12. Block chair “I want to sit down please”
For the SIP, mand instruction was delivered in "learn units". A learn unit is a measure of teaching
defined by a 3 term contingency for the student and 2 or more three term contingencies for the teacher
(Albers & Greer, 1991; Greer, 2002). Responses to the learn unit presentation from a teacher results in a
response from the student and the student’s response occasions reinforcement or correction delivered by
the teacher. Different teaching procedures in addition to learn units were used for each student, based on
their instructional history (Greer & Keohane, 2005; Greer & Ross, 2008). For Participant A, the SIP was
taught using the mand procedure (Greer & Ross, 2008), and for Participant B, a 1-second time delay
procedure was used (Charlop & Trasowech, 1991; Ingenmey & Van Houten, 1991; Matson, Sevin,
Fridley, & Love, 1990). For Participant A, the intervention was implemented with the mand procedure
(Greer & Ross, 2008). During this procedure the experimenter showed a preferred item or activity to the
student, waited three seconds and immediately delivered the item or activity if the student independently
emitted the target response form, or provided an echoic correction if the student did not respond or
emitted an incorrect response.

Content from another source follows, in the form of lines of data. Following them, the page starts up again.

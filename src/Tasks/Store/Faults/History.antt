-- ===== src/Tasks/Store/Faults/History.antt =====
-- What a client can rely on while the server fails: a deletion that was answered is not undone.
use mathlib.Core.Option.{none-ne-some}
use rust_basics.Prelude.{
  ◌≡◌, ◌≢◌, ◌∙◌, refl, sym, subst, inl, inr, Bool, Option, none, some, List, [], ◌∷◌, String,
  Result, ok, err, Bool-cases, str_eq, eq_iff, str_eq_self, not_str_eq, if_true, if_false,
}
use rust_basics.Valkey.{Server, IsServer, Json}
use rust_basics.Valkey.Atomic.{IsAtomic}
use rust_basics.Tasks.Domain.{Task}
use rust_basics.Tasks.Store.Sorting.{Has}
use rust_basics.Tasks.Store.Spec.{Op, create, get, delete, list, Answer, got, listed, perform}
use rust_basics.Tasks.Store.Faults.{Shelf, put, delete_from, Partly, Possible, Trace, run_on, Fits}
use rust_basics.Tasks.Store.Faults.Runs.{perform-Possible, run_on-Trace}

-- Every task is kept under its own id.
abbrev pub Own : Shelf → Type 0
Own s = (id : String) (t : Task) → s.tasks id ≡ some t → t.id ≡ id

module _ (id : String) where
  -- The operation does not create the id.
  abbrev pub Spares : Op → Type 0
  Spares (create t) = t.id ≢ id
  Spares (get j) = Unit {0}
  Spares (delete j) = Unit {0}
  Spares list = Unit {0}

  abbrev pub AllSpare : List Op → Type 0
  AllSpare [] = Unit {0}
  AllSpare (op ∷ ops) = Spares op × AllSpare ops

  -- The answer has no task of the id.
  abbrev pub Without : Op → Result String Answer → Type 0
  Without (get j) (ok a) = j ≡ id → a ≡ got none
  Without list (ok a) =
      (tasks : List Task) → a ≡ listed tasks → (t : Task) → Has t tasks → t.id ≢ id
  Without (create t) (ok a) = Unit {0}
  Without (delete j) (ok a) = Unit {0}
  Without op (err e) = Unit {0}

  abbrev pub AllWithout : List Op → List (Result String Answer) → Type 0
  AllWithout [] [] = Unit {0}
  AllWithout [] (a ∷ answers) = ⊥
  AllWithout (op ∷ ops) [] = ⊥
  AllWithout (op ∷ ops) (a ∷ answers) = Without op a × AllWithout ops answers

  abbrev Gone : Shelf → Type 0
  Gone s = (s.tasks id ≡ none) × Own s

  some-inj {ℓ} : {A : Type ℓ} {x y : A} → some x ≡ some y → x ≡ y
  some-inj e = cc

  pub Own-put : (t : Task) (s : Shelf) → Own s → Own (put t.id (some t) s)
  Own-put t s own j u e = elim (Bool-cases (str_eq t.id j)) [
    | inl same ↦
        let it : t ≡ u = some-inj (sym (if_true _ same) ∙ e) in
        sym (λ i. (it i).id) ∙ (eq_iff t.id j).0 same
    | inr other ↦ own j u (sym (if_false _ other) ∙ e)
  ]

  Own-clear : (gone : String) (s : Shelf) → Own s → Own (put gone none s)
  Own-clear gone s own j u e = elim (Bool-cases (str_eq gone j)) [
    | inl same ↦ absurd (none-ne-some u (sym (if_true _ same) ∙ e))
    | inr other ↦ own j u (sym (if_false _ other) ∙ e)
  ]

  Gone-put : (t : Task) (s : Shelf) → t.id ≢ id → Gone s → Gone (put t.id (some t) s)
  Gone-put t s apart (none_there, own) =
      (if_false _ (not_str_eq t.id id apart) ∙ none_there, Own-put t s own)

  Gone-clear : (gone : String) (s : Shelf) → Gone s → Gone (put gone none s)
  Gone-clear gone s (none_there, own) = (cleared, Own-clear gone s own)
    where
      cleared : (put gone none s).tasks id ≡ none
      cleared = elim (Bool-cases (str_eq gone id)) [
        | inl same ↦ if_true _ same
        | inr other ↦ if_false _ other ∙ none_there
      ]

  Gone-Partly :
      (j : String) (o : Option Task) (b : Bool) (s s' : Shelf)
      → Gone s
      → Gone (put j o s)
      → Partly j o b s s'
      → Gone s'
  Gone-Partly j o b s s' before half (inl e) = subst Gone (sym e) before
  Gone-Partly j o b s s' before half (inr (inl e)) = subst Gone (sym e) half
  Gone-Partly j o b s s' before half (inr (inr e)) = subst Gone (sym e) half

  Gone-delete_from : (o : Option Task) (j : String) (s : Shelf) → Gone s → Gone (delete_from o j s)
  Gone-delete_from none j s h = h
  Gone-delete_from (some t) j s h = Gone-clear j s h

  Gone-Possible :
      (op : Op) (a : Result String Answer) (s s' : Shelf)
      → Possible op a s s'
      → Spares op
      → Gone s
      → Gone s'
  Gone-Possible (create t) (ok a) s s' (_, e) apart h = subst Gone (sym e) (Gone-put t s apart h)
  Gone-Possible (create t) (err x) s s' cut apart h =
      Gone-Partly t.id (some t) _ s s' h (Gone-put t s apart h) cut
  Gone-Possible (get j) (ok a) s s' (_, e) _ h = subst Gone (sym e) h
  Gone-Possible (get j) (err x) s s' e _ h = subst Gone (sym e) h
  Gone-Possible (delete j) (ok a) s s' (_, e) _ h =
      subst Gone (sym e) (Gone-delete_from (s.tasks j) j s h)
  Gone-Possible (delete j) (err x) s s' cut _ h = Gone-Partly j none _ s s' h (Gone-clear j s h) cut
  Gone-Possible list (ok a) s s' (_, e) _ h = subst Gone (sym e) h
  Gone-Possible list (err x) s s' e _ h = subst Gone (sym e) h

  Possible-Without :
      (op : Op) (a : Result String Answer) (s s' : Shelf)
      → Possible op a s s'
      → Gone s
      → Without op a
  Possible-Without (get j) (ok a) s s' (answer, _) (gone, _) =
      λ e. answer ∙ (λ i. got (s.tasks (e i))) ∙ (λ i. got (gone i))
  Possible-Without list (ok a) s s' ((ts, answer, _, has), _) (gone, own) = λ tasks e t there is.
      let same : ts ≡ tasks = listed-inj (sym answer ∙ e) in
      let (j, _, kept_there) = (has t).0 (subst (Has t) (sym same) there) in
      let at : j ≡ id = sym (own j t kept_there) ∙ is in
      none-ne-some t (sym gone ∙ sym (λ i. s.tasks (at i)) ∙ kept_there)
    where
      listed-inj : {l m : List Task} → listed l ≡ listed m → l ≡ m
      listed-inj e = cc
  Possible-Without (create t) (ok a) s s' _ _ = tt
  Possible-Without (delete j) (ok a) s s' _ _ = tt
  Possible-Without (create t) (err x) s s' _ _ = tt
  Possible-Without (get j) (err x) s s' _ _ = tt
  Possible-Without (delete j) (err x) s s' _ _ = tt
  Possible-Without list (err x) s s' _ _ = tt

  Trace-Without :
      (ops : List Op) (answers : List (Result String Answer)) (s s' : Shelf)
      → Trace ops answers s s'
      → AllSpare ops
      → Gone s
      → AllWithout ops answers
  Trace-Without [] [] s s' t spare h = tt
  Trace-Without [] (a ∷ answers) s s' t spare h = t
  Trace-Without (op ∷ ops) [] s s' t spare h = t
  Trace-Without (op ∷ ops) (a ∷ answers) s s' (mid, step, rest) spare h = (
    Possible-Without op a s mid step h,
    Trace-Without ops answers mid s' rest spare.1 (Gone-Possible op a s mid step spare.0 h),
  )

  Gone-deleted : (o : Option Task) (s : Shelf) → s.tasks id ≡ o → Own s → Gone (delete_from o id s)
  Gone-deleted none s e own = (e, own)
  Gone-deleted (some t) s e own = (if_true _ (str_eq_self id), Own-clear id s own)

module _ (r : Server) (law : IsServer r) (json : Json Task) (atomic : IsAtomic r law) where
  open r use {S}
  open law use {view}

  -- After a deletion that was answered, whether with true or false, and as long as nobody tries to
  -- create the id again, no answer brings the task back, whatever commands the server fails at: a
  -- read of the id that is answered finds nothing, and no listing has a task of that id. At first
  -- every task must be kept under its own id.
  pub deleted_stays :
      (id : String) (x : S) (s : Shelf) (a : Answer) (ops : List Op)
      → Fits r law json (view x) s
      → Own s
      → (perform r json (delete id) x).1 ≡ ok a
      → AllSpare id ops
      → AllWithout id ops (run_on r json ops (perform r json (delete id) x).0).1
  deleted_stays id x s a ops fits own e spare =
      let (mid, possible, fits') = perform-Possible r law json atomic (delete id) x s fits in
      let (_, left) = subst (λ p. Possible (delete id) p s mid) e possible in
      let gone = subst (Gone id) (sym left) (Gone-deleted id (s.tasks id) s refl own) in
      let x₁ = (perform r json (delete id) x).0 in
      let (s', trace, _) = run_on-Trace r law json atomic ops x₁ mid fits' in
      Trace-Without id ops (run_on r json ops x₁).1 mid s' trace spare gone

For Participant B a 1-second time delay procedure (Charlop & Trasowech,
1991; Ingenmey & Van Houten, 1991; Matson, et al., 1990) was used. As an antecedent response prompt,
198
time delay procedures use variations in the time intervals between presentation of the natural stimulus and
the presentation of the response prompt. If the student did not independently respond one second after the
presentation of the item or activity, the experimenter provided the student with an echoic prompt of the
target response for the student to echo and receive the item or activity specified. During this errorless
learning procedure, the students usually start to emit the correct response independently after a few
sessions.
Data Collection
Data were collected by one or two experimenters during the NIS probe session using a pen, a
clipboard, a timer, and a data collection sheet. The emission of tacts was recorded with a “T”, the
emission of mands was recorded with an “M”, and the exact words said by the students were recorded
(Tables 2 and 3). The data were then added across settings and graphed as the total number of tacts and
mands emitted during the cumulative probe period. For the EOs probes data were collected using a pen, a
clipboard, a timer, and a data sheet. After creating each EO, a plus (+) was collected for the student
correctly emitting the target mand form, and a minus (-) was collected when a response was not emitted
or it was emitted with a non-target form. The exact words emitted by the students were also recorded (See
Table 3.) During the intervention a timer, a pen, and a data sheet were also used. A plus (+) was recorded
for the emission of a target mand form and a minus (-) was recorded when the child did not emit the target
form of a vocal mand. For Participant B, during the one-second time delay procedure, a “P” was recorded
for correct responses emitted following a vocal prompt, and a plus (+) was recorded for the independent
target form of responses while a minus (-) was collected for all non-target responses. The data were then
graphed on a 30-learn unit graph as a closed circle for the correct independent responses and an open
circle for prompted responses.
Interobserver Agreement
During the NIS probes, interobserver agreement (IOA) was conducted with two observers
simultaneously collecting the data. For Participant A, during NIS pre-probes IOA was calculated for 44 %
of the sessions, with 100% agreement. IOA was also calculated for 33% of NIS post probes, with 100%
agreement. For Participant B, during NIS pre-probes, IOA was calcula ted for the 78% of the sessions,
with 100% agreement.
Design
A delayed multiple probe design across participants (Horne & Baer, 1978; Pistoljevic & Greer,
2006) was used to compare the number of verbal operants emitted before and after the SIP in NIS and to
compare the number of mands emitted during the EOs probes before and after the treatment.
Results
During the EOs pre-probes (Figure 1), Participant A emitted 0 target form mands, 6 vocal mands
in a non-target form, and 24 non-vocal mands. Participant B emitted 0 target form mands, 5 non-target
vocal mands, and 25 non-vocal mands.
During the NIS pre-probes (Figure 2), Participant A emitted 1 tact and 3 mands during the first
sessions, 1 tact and 1 mand during the second sessions, and 2 tacts and 1 mand during the third sessions.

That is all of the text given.